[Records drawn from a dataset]
━━━━━━━━━━
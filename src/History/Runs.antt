-- ===== src/History/Runs.antt =====
-- The patches of the actions on the stacks stay known under undo and redo
-- (domain/file/storage/storage.rs).
use thaum_painter.Base.{[], ◌≡◌, refl, arith, ◌⊎◌, inl, inr, Option-cases}
use thaum_painter.Base.Text.{Text, text_Eq}
use thaum_painter.Base.Map.{get}
use thaum_painter.Cell.{Renderer}
use thaum_painter.History.{HistoryRuntime, stack, with_stack, push, pop}
use thaum_painter.History.Apply.{undo_record, redo_record}
use thaum_painter.History.Undo.{undo_top_action, redo_top_action}
use thaum_painter.History.Recorded.{
  Recorded, mem-pop, mem-push, written, written_applied, written_undone,
}

module _ {R : Renderer} {Value : Type 0} where
  pub undo_record-Recorded :
      (r : HistoryRuntime R Value) (l : Text) → Recorded r → Recorded (undo_record r l)
  unfolding undo_record with_stack
  undo_record-Recorded r l known =
      let ap = r.applied_action_ids_by_layer in
      let un = r.undone_action_ids_by_layer in
      let ps = r.patches_by_action_id in
      elim (Option-cases (pop (stack l ap))) [
        | inl e ↦ rw (undo_record, e) (written_applied ap un l ps [] known (λ id h. absurd h))
        | inr e ↦
            let top = e.0 in
            let out = mem-pop (stack l ap) top e.1 in
            elim (Option-cases (get top.1 ps)) [
              | inl k ↦
                  rw (undo_record, e.1, k)
                    (written_applied ap un l ps top.0 known (λ id h. inl (out.1 id h)))
              | inr k ↦
                  rw (undo_record, e.1, k.1)
                    (written ap un l ps top.0 (push top.1 (stack l un)) known
                      (λ id h. ground (arith, h, out.0, out.1 id, mem-push id top.1 (stack l un))))
            ]
      ]

  pub redo_record-Recorded :
      (r : HistoryRuntime R Value) (l : Text) → Recorded r → Recorded (redo_record r l)
  unfolding redo_record with_stack
  redo_record-Recorded r l known =
      let ap = r.applied_action_ids_by_layer in
      let un = r.undone_action_ids_by_layer in
      let ps = r.patches_by_action_id in
      elim (Option-cases (pop (stack l un))) [
        | inl e ↦ rw (redo_record, e) (written_undone ap un l ps [] known (λ id h. absurd h))
        | inr e ↦
            let top = e.0 in
            let out = mem-pop (stack l un) top e.1 in
            elim (Option-cases (get top.1 ps)) [
              | inl k ↦
                  rw (redo_record, e.1, k)
                    (written_undone ap un l ps top.0 known (λ id h. inr (out.1 id h)))
              | inr k ↦
                  rw (redo_record, e.1, k.1)
                    (written ap un l ps (push top.1 (stack l ap)) top.0 known
                      (λ id h. ground (arith, h, out.0, out.1 id, mem-push id top.1 (stack l ap))))
            ]
      ]

  -- The live undo changes the stacks as a legacy undo record does, where the layer has a stack.
  pub undo_top_action_as :
      (r : HistoryRuntime R Value) (l : Text)
      → ((undo_top_action r l).0 ≡ r) ⊎ ((undo_top_action r l).0 ≡ undo_record r l)
  unfolding undo_top_action undo_record stack
  undo_top_action_as r l = elim (Option-cases (get l r.applied_action_ids_by_layer)) [
    | inl e ↦ inl (rw (undo_top_action, e) refl)
    | inr e ↦ elim (Option-cases (pop e.0)) [
      | inl k ↦ inl (rw (undo_top_action, e.1, k) refl)
      | inr k ↦ elim (Option-cases (get (k.0).1 r.patches_by_action_id)) [
        | inl n ↦ inr (rw (undo_top_action, undo_record, stack, e.1, k.1, n) refl)
        | inr n ↦ inr (rw (undo_top_action, undo_record, stack, e.1, k.1, n.1) refl)
      ]
    ]
  ]

  pub redo_top_action_as :
      (r : HistoryRuntime R Value) (l : Text)
      → ((redo_top_action r l).0 ≡ r) ⊎ ((redo_top_action r l).0 ≡ redo_record r l)
  unfolding redo_top_action redo_record stack
  redo_top_action_as r l = elim (Option-cases (get l r.undone_action_ids_by_layer)) [
    | inl e ↦ inl (rw (redo_top_action, e) refl)
    | inr e ↦ elim (Option-cases (pop e.0)) [
      | inl k ↦ inl (rw (redo_top_action, e.1, k) refl)
      | inr k ↦ elim (Option-cases (get (k.0).1 r.patches_by_action_id)) [
        | inl n ↦ inr (rw (redo_top_action, redo_record, stack, e.1, k.1, n) refl)
        | inr n ↦ inr (rw (redo_top_action, redo_record, stack, e.1, k.1, n.1) refl)
      ]
    ]
  ]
━━━━━━━━━━
[Task objective]
Exactly as they appear, restate all of the entries.

[Task response]
filename src/History/Runs.antt
-- ===== src/History/Runs.antt =====
-- The patches of the actions on the stacks stay known under undo and redo
-- (domain/file/storage/storage.rs).
use thaum_painter.Base.{[], ◌≡◌, refl, arith, ◌⊎◌, inl, inr, Option-cases}
use thaum_painter.Base.Text.{Text, text_Eq}
use thaum_painter.Base.Map.{get}
use thaum_painter.Cell.{Renderer}
use thaum_painter.History.{HistoryRuntime, stack, with_stack, push, pop}
use thaum_painter.History.Apply.{undo_record, redo_record}
use thaum_painter.History.Undo.{undo_top_action, redo_top_action}
use thaum_painter.History.Recorded.{
  Recorded, mem-pop, mem-push, written, written_applied, written_undone,
}

module _ {R : Renderer} {Value : Type 0} where
  pub undo_record-Recorded :
      (r : HistoryRuntime R Value) (l : Text) → Recorded r → Recorded (undo_record r l)
  unfolding undo_record with_stack
  undo_record-Recorded r l known =
      let ap = r.applied_action_ids_by_layer in
      let un = r.undone_action_ids_by_layer in
      let ps = r.patches_by_action_id in
      elim (Option-cases (pop (stack l ap))) [
        | inl e ↦ rw (undo_record, e) (written_applied ap un l ps [] known (λ id h. absurd h))
        | inr e ↦
            let top = e.0 in
            let out = mem-pop (stack l ap) top e.1 in
            elim (Option-cases (get top.1 ps)) [
              | inl k ↦
                  rw (undo_record, e.1, k)
                    (written_applied ap un l ps top.0 known (λ id h. inl (out.1 id h)))
              | inr k ↦
                  rw (undo_record, e.1, k.1)
                    (written ap un l ps top.0 (push top.1 (stack l un)) known
                      (λ id h. ground (arith, h, out.0, out.1 id, mem-push id top.1 (stack l un))))
            ]
      ]

  pub redo_record-Recorded :
      (r : HistoryRuntime R Value) (l : Text) → Recorded r → Recorded (redo_record r l)
  unfolding redo_record with_stack
  redo_record-Recorded r l known =
      let ap = r.applied_action_ids_by_layer in
      let un = r.undone_action_ids_by_layer in
      let ps = r.patches_by_action_id in
      elim (Option-cases (pop (stack l un))) [
        | inl e ↦ rw (redo_record, e) (written_undone ap un l ps [] known (λ id h. absurd h))
        | inr e ↦
            let top = e.0 in
            let out = mem-pop (stack l un) top e.1 in
            elim (Option-cases (get top.1 ps)) [
              | inl k ↦
                  rw (redo_record, e.1, k)
                    (written_undone ap un l ps top.0 known (λ id h. inr (out.1 id h)))
              | inr k ↦
                  rw (redo_record, e.1, k.1)
                    (written ap un l ps (push top.1 (stack l ap)) top.0 known
                      (λ id h. ground (arith, h, out.0, out.1 id, mem-push id top.1 (stack l ap))))
            ]
      ]

  -- The live undo changes the stacks as a legacy undo record does, where the layer has a stack.
  pub undo_top_action_as :
      (r : HistoryRuntime R Value) (l : Text)
      → ((undo_top_action r l).0 ≡ r) ⊎ ((undo_top_action r l).0 ≡ undo_record r l)
  unfolding undo_top_action undo_record stack
  undo_top_action_as r l = elim (Option-cases (get l r.applied_action_ids_by_layer)) [
    | inl e ↦ inl (rw (undo_top_action, e) refl)
    | inr e ↦ elim (Option-cases (pop e.0)) [
      | inl k ↦ inl (rw (undo_top_action, e.1, k) refl)
      | inr k ↦ elim (Option-cases (get (k.0).1 r.patches_by_action_id)) [
        | inl n ↦ inr (rw (undo_top_action, undo_record, stack, e.1, k.1, n) refl)
        | inr n ↦ inr (rw (undo_top_action, undo_record, stack, e.1, k.1, n.1) refl)
      ]
    ]
  ]

  pub redo_top_action_as :
      (r : HistoryRuntime R Value) (l : Text)
      → ((redo_top_action r l).0 ≡ r) ⊎ ((redo_top_action r l).0 ≡ redo_record r l)
  unfolding redo_top_action redo_record stack
  redo_top_action_as r l = elim (Option-cases (get l r.undone_action_ids_by_layer)) [
    | inl e ↦ inl (rw (redo_top_action, e) refl)
    | inr e ↦ elim (Option-cases (pop e.0)) [
      | inl k ↦ inl (rw (redo_top_action, e.1, k) refl)
      | inr k ↦ elim (Option-cases (get (k.0).1 r.patches_by_action_id)) [
        | inl n ↦ inr (rw (redo_top_action, redo_record, stack, e.1, k.1, n) refl)
        | inr n ↦ inr (rw (redo_top_action, redo_record, stack, e.1, k.1, n.1) refl)
      ]
    ]
  ]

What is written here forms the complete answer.